Subjectivity

I came across this book by Daniel Stern, best known for his psychoanalytic investigations of the infant, where he discusses this subject I was previously noodling.  I was thinking about clock time as opposed to Bergson’s notion of duration.  Stern talks more of the Greek notions of chronos and kairos.  Pretty much the same things, I think.  From the perspective of the former, the latter doesn’t exist.  Kairos, from the perspective of chronos, is that now moment that is always disappearing.  You say “now” and that “now” even in the saying has already slipped by.

But it’s in kairos, Stern says, that things happen.  Also this is where subjectivity unfolds, however silently or unconsciously.  I think he is right about that—the self’s experience of the self must unfold in that disappearing now; there’s no other place for it to do so. Even the memory of something for the subject must appear in the now moment and the same with anticipations of the future.

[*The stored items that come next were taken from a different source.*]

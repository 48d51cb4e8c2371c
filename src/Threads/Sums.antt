-- ===== src/Threads/Sums.antt =====
-- Invariants that speak of sums over the threads: what one thread's step does to the sums is all
-- that has to be looked at.
use ostep_code.Prelude.{
  ℕ, zero, suc, ◌+◌, ◌*◌, ◌≤◌, ◌<◌, ◌≡◌, ◌≢◌, ap, Option, some, none, arith, dec_lt,
}
use ostep_code.Threads.{
  System, goes, total, total-goes, le-total, total-pos, Step, pick, Run, Run-inv,
}

module _ {ℓ κ ι} {M : Type ℓ} {P : Type κ} {I : Type ι} (step : M → P → Option (M × P)) (n : ℕ)
    (w : I → P → ℕ) where
  -- The sums over the threads, one for each weight.
  abbrev pub sums : (ℕ → P) → I → ℕ
  sums pc a = total (w a) n pc

  -- A thread goes from `p` to `q`, and the sums from `t` to `t'`.
  pub record Shift (p q : P) (t t' : I → ℕ) : Type ι where
    pub part : (a : I) → w a p ≤ t a
    pub change : (a : I) → t' a + w a p ≡ t a + w a q

  pub sum-inv {ν} :
      (J : M → (I → ℕ) → Type ν)
      → ((m m' : M) (p q : P) (t t' : I → ℕ)
          → step m p ≡ some (m', q)
          → Shift p q t t'
          → J m t
          → J m' t')
      → {s u : System M P} {k : ℕ} → J s.mem (sums s.pc)
      → Run step n s k u
      → J u.mem (sums u.pc)
  sum-inv J keep j r = Run-inv step n (λ s. J s.mem (sums s.pc)) moves j r
    where
      moves : (s u : System M P) → Step step n s u → J s.mem (sums s.pc) → J u.mem (sums u.pc)
      moves s _ (pick i {m} {p} lt e) h =
          keep s.mem m (s.pc i) p (sums s.pc) (sums (goes s.pc i p)) e
            (record {
              part = λ a. le-total (w a) n s.pc i lt;
              change = λ a. total-goes (w a) n s.pc i p lt;
            })
            h

module _ {ℓ κ} {M : Type ℓ} {P : Type κ} (step : M → P → Option (M × P)) (n : ℕ) (s : System M P)
    (stuck : (i : ℕ) → i < n → step s.mem (s.pc i) ≡ none) where
  -- Where no thread has a step, no thread is at a point that always has one.
  pub stuck-zero : (w : P → ℕ) → ((p : P) → 0 < w p → step s.mem p ≢ none) → total w n s.pc ≡ 0
  stuck-zero w live = elim (dec_lt 0 (total w n s.pc)) [
    | yes pos ↦
        let (i, lt, here) = total-pos w n s.pc pos in absurd (live (s.pc i) here (stuck i lt))
    | no z ↦ omega arith
  ]

-- Where the points of weight 0 pass a test and the sum is 0, all threads pass.
pub zero-all {ℓ} :
    {P : Type ℓ} (w : P → ℕ) (n : ℕ) (pc : ℕ → P)
    → total w n pc ≡ 0
    → (i : ℕ) → i < n
    → w (pc i) ≡ 0
zero-all w n pc z i lt = omega (arith, le-total w n pc i lt)

pub total-const {ℓ} : {P : Type ℓ} (w : P → ℕ) (p : P) (n : ℕ) → total w n (λ i. p) ≡ w p * n
unfolding total
total-const w p zero = omega arith
total-const w p (suc n) = grind (arith, total-const w p n)

-- One thread at its own point, the others all at another.
pub total-one_and_rest {ℓ} :
    {P : Type ℓ} (w : P → ℕ) (pc : ℕ → P) (q : P) (n : ℕ)
    → ((i : ℕ) → pc (suc i) ≡ q)
    → total w (suc n) pc ≡ w (pc 0) + w q * n
unfolding total
total-one_and_rest w pc q zero h = omega arith
total-one_and_rest w pc q (suc n) h = grind (arith, total-one_and_rest w pc q n h, ap w (h n))

-- All threads of the same weight.
pub total_same {ℓ} :
    {P : Type ℓ} (w : P → ℕ) (c n : ℕ) (pc : ℕ → P)
    → ((i : ℕ) → i < n → w (pc i) ≡ c)
    → total w n pc ≡ c * n
unfolding total
total_same w c zero pc h = omega arith
total_same w c (suc n) pc h =
    grind (arith, h n (omega arith), total_same w c n pc (λ i lt. h i (omega arith)))
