-- ===== src/Bounded/Queue.antt =====
-- The buffer as the list of its values, the oldest first.
use ostep_code.Prelude.{
  ℕ, zero, suc, ◌+◌, ◌≡◌, refl, ℤ, pos, negsuc, List, [], ◌∷◌, ◌++◌, length, arith,
}
use ostep_code.Bounded.{Ops}

abbrev pub get_first : List ℤ → List ℤ × ℤ
get_first [] = ([], pos 0)
get_first (x ∷ xs) = (xs, x)

abbrev pub queue : Ops (List ℤ)
queue = record { num_full = length; do_fill = λ xs v. xs ++ v ∷ []; do_get = get_first }

-- The markers among the values.
abbrev pub is_marker : ℤ → ℕ
is_marker (pos n) = 0
is_marker (negsuc zero) = 1
is_marker (negsuc (suc n)) = 0

pub markers : List ℤ → ℕ
markers [] = 0
markers (x ∷ xs) = is_marker x + markers xs

pub markers_snoc : (xs : List ℤ) (v : ℤ) → markers (xs ++ v ∷ []) ≡ markers xs + is_marker v
unfolding markers
markers_snoc [] v = omega arith
markers_snoc (x ∷ xs) v = omega (arith, markers_snoc xs v)

pub markers_nil : markers [] ≡ 0
unfolding markers
markers_nil = refl

pub markers_cons : (x : ℤ) (xs : List ℤ) → markers (x ∷ xs) ≡ is_marker x + markers xs
unfolding markers
markers_cons x xs = refl
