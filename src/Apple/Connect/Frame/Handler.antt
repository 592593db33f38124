-- ===== src/Apple/Connect/Frame/Handler.antt =====
-- The handler keeps the frame.
use mdm_saa_s.Common.{
  ℕ, String, ◌≡◌, refl, not, ◌&&◌, Option, none, some, ◌==◌, present, get_or, select, update_where,
  least, if◌then◌else◌,
}
use mdm_saa_s.Models.{MdmCommand}
use mdm_saa_s.Database.{
  Db, Action, pure, attempt, on_devices, on_commands, has_udid, if_given, one_or_none, ◌>>=◌, ◌>>◌,
}
use mdm_saa_s.Database.Keeps.{
  Keeps, Keeps-bind, Keeps-then, Keeps-if_given, Keeps-if, Keeps-attempt, Keeps-pure,
}
use mdm_saa_s.Apple.Plist.{PlistDict, CommandResultMessage, parse_connect_message}
use mdm_saa_s.Apple.Connect.Queue.{deliver, get_next_command, waiting}
use mdm_saa_s.Apple.Connect.Reports.{
  apply_device_info, apply_installed_apps, apply_available_updates, apply_user_list,
}
use mdm_saa_s.Apple.Connect.Handler.{
  Reply, reply_of, is_erase, has_command_uuid, record_result, wiped, touch, evaluate_policies_of,
  apply_reports, acknowledged, process_command_result, process_if_any, connect_message, connect,
}
use mdm_saa_s.Apple.Connect.Frame.Base.{
  HasFrame, frame, on_devices-HasFrame, on_commands-HasFrame, elsewhere,
}
use mdm_saa_s.Apple.Connect.Frame.Evaluation.{evaluate_policies_of-HasFrame}
use mdm_saa_s.Apple.Connect.Frame.Reports.{
  apply_device_info-HasFrame, apply_installed_apps-HasFrame, apply_available_updates-HasFrame,
  apply_user_list-HasFrame,
}

module _ (s0 : Db) (now : ℕ) where
  apply_reports-HasFrame :
      (msg : CommandResultMessage) → Keeps (HasFrame s0) (apply_reports now msg)
  unfolding apply_reports
  apply_reports-HasFrame msg =
      let udid = msg.udid in
      let info = if_given msg.raw.query_responses (apply_device_info now udid) in
      let apps = if_given msg.raw.installed_application_list (apply_installed_apps now udid) in
      let updates = if_given msg.raw.available_os_updates (apply_available_updates now udid) in
      let users = if_given msg.raw.users (apply_user_list now udid) in
      Keeps-then (HasFrame s0) (attempt (evaluate_policies_of now udid))
        (info >> (apps >> (updates >> users)))
        (Keeps-attempt (HasFrame s0) (evaluate_policies_of now udid)
          (evaluate_policies_of-HasFrame s0 now udid))
        (Keeps-then (HasFrame s0) info (apps >> (updates >> users))
          (Keeps-if_given (HasFrame s0) msg.raw.query_responses _
            (apply_device_info-HasFrame s0 now udid))
          (Keeps-then (HasFrame s0) apps (updates >> users)
            (Keeps-if_given (HasFrame s0) msg.raw.installed_application_list _
              (apply_installed_apps-HasFrame s0 now udid))
            (Keeps-then (HasFrame s0) updates users
              (Keeps-if_given (HasFrame s0) msg.raw.available_os_updates _
                (apply_available_updates-HasFrame s0 now udid))
              (Keeps-if_given (HasFrame s0) msg.raw.users _
                (apply_user_list-HasFrame s0 now udid)))))

  acknowledged-HasFrame :
      (uuid : String) (msg : CommandResultMessage) → Keeps (HasFrame s0) (acknowledged now uuid msg)
  unfolding acknowledged
  acknowledged-HasFrame uuid msg =
      let wipe = on_devices (update_where (has_udid msg.udid) wiped) in
      Keeps-bind (HasFrame s0) (λ s. (one_or_none (select (has_command_uuid uuid) s.commands), s))
        (λ cmd. if is_erase cmd then wipe else apply_reports now msg) (elsewhere s0 _ (λ s. refl))
        (λ cmd.
          Keeps-if (HasFrame s0) (is_erase cmd) wipe (apply_reports now msg)
            (on_devices-HasFrame s0 (has_udid msg.udid) wiped (λ x. refl))
            (apply_reports-HasFrame msg))

  process_command_result-HasFrame :
      (uuid : String) (msg : CommandResultMessage)
      → Keeps (HasFrame s0) (process_command_result now uuid msg)
  unfolding process_command_result
  process_command_result-HasFrame uuid msg =
      let mark = on_commands (update_where (has_command_uuid uuid) (record_result now uuid msg)) in
      let is_ack = msg.status == "Acknowledged" in
      Keeps-then (HasFrame s0) mark (if is_ack then acknowledged now uuid msg else pure tt)
        (on_commands-HasFrame s0 (has_command_uuid uuid) (record_result now uuid msg) (λ x. refl))
        (Keeps-if (HasFrame s0) is_ack (acknowledged now uuid msg) (pure tt)
          (acknowledged-HasFrame uuid msg) (Keeps-pure (HasFrame s0) tt))

  deliver-HasFrame : (o : Option MdmCommand) → Keeps (HasFrame s0) (deliver o)
  unfolding deliver
  deliver-HasFrame none = Keeps-pure (HasFrame s0) none
  deliver-HasFrame (some c) = record {
    at = λ s h. (on_commands-HasFrame s0 _ _ (λ x. refl)).at s h;
  }

  get_next_command-HasFrame : (udid : String) → Keeps (HasFrame s0) (get_next_command udid)
  unfolding get_next_command
  get_next_command-HasFrame udid = record {
    at = λ s h. (deliver-HasFrame (least (λ c. c.queued_at) (waiting udid s))).at s h;
  }

  connect_message-HasFrame :
      (msg : CommandResultMessage) → Keeps (HasFrame s0) (connect_message now msg)
  unfolding connect_message
  connect_message-HasFrame msg =
      let reports = present msg.command_uuid && not (msg.status == "Idle") in
      let process = process_command_result now (get_or msg.command_uuid "") msg in
      let answer : Action Reply = get_next_command msg.udid >>= λ next. pure (reply_of next) in
      Keeps-then (HasFrame s0) (on_devices (update_where (has_udid msg.udid) (touch now)))
        (process_if_any now msg >> answer)
        (on_devices-HasFrame s0 (has_udid msg.udid) (touch now) (λ x. refl))
        (Keeps-then (HasFrame s0) (process_if_any now msg) answer
          (Keeps-if (HasFrame s0) reports process (pure tt)
            (process_command_result-HasFrame (get_or msg.command_uuid "") msg)
            (Keeps-pure (HasFrame s0) tt))
          (Keeps-bind (HasFrame s0) (get_next_command msg.udid) (λ next. pure (reply_of next))
            (get_next_command-HasFrame msg.udid) (λ _. Keeps-pure (HasFrame s0) _)))

-- Whatever a device sends to the connect endpoint, and whether or not the handler raises: no device
-- changes its identifier, its tenant, its udid or its agent token, no command changes what it is or
-- whose it is, no device or command is added or removed, and tenants, users, script jobs, admin access
-- requests and policies stay as they are.
pub frame-connect :
    (now : ℕ) (body : Option (Option PlistDict)) (s : Db) → frame (connect now body s).1 ≡ frame s
unfolding connect
frame-connect now none s = refl
frame-connect now (some none) s = refl
frame-connect now (some (some dict)) s =
    (connect_message-HasFrame s now (parse_connect_message dict)).at s refl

So how to get into touch with that.  In psychoanalytic sessions, to try to get in touch with that, Stern developed the “micro-analytic interview.”  Before he gave it that mysterious name, in practice in his office, he spoke of it with his clients as the “breakfast interview.”  He would ask, “What did you experience this morning at breakfast?”  Mostly, clients would say, “What?  Not much.”  But then Stern asked questions designed to get the client to move from what the had done (not much) to his or her affective experience of what had been going on beyond and behind or right below the surface of that “not much.”

For example, I think I may go through a pretty thick subjective or affect laden “moment” just making coffee.  Sometimes, yes, I do this distractedly or mechanically, with my mind elsewhere, but right below the surface of that I am aware that I don’t really like making the coffee.  For one thing, making coffee is for me a really repetitious act.  I get tired of the repetition.  First the cleaning out the remains of the previously made coffee; then he counting out of all those scoops.  Doing that requires I find the scoop to do the scooping with.

Sometimes the scoop is not there.  Usually it’s right there in the bag with the coffee beans.  Sometimes though it isn’t.  Any why I must wonder do I buy coffee beans rather than pre-ground coffee when I leave the scoop in the bag of beans and that means in turn that the beans are getting all dried out, since I usually don’t close the package tightly.  When the scoop is not there I get irritated because the scoop is lost.  And there I feel frustrated because lately it seems I am all the time losing things.  I have not yet mastered this really good idea: a place for everything and everything in its place.

Well, this is just a start of how things might look from the perspective of kiaros.  I haven’t made the coffee yet, much less made breakfast. 

I am wondering how this subjective interview thing might work from the perspective of teaching writing.  Or what the implications of what it might be for the teaching of writing.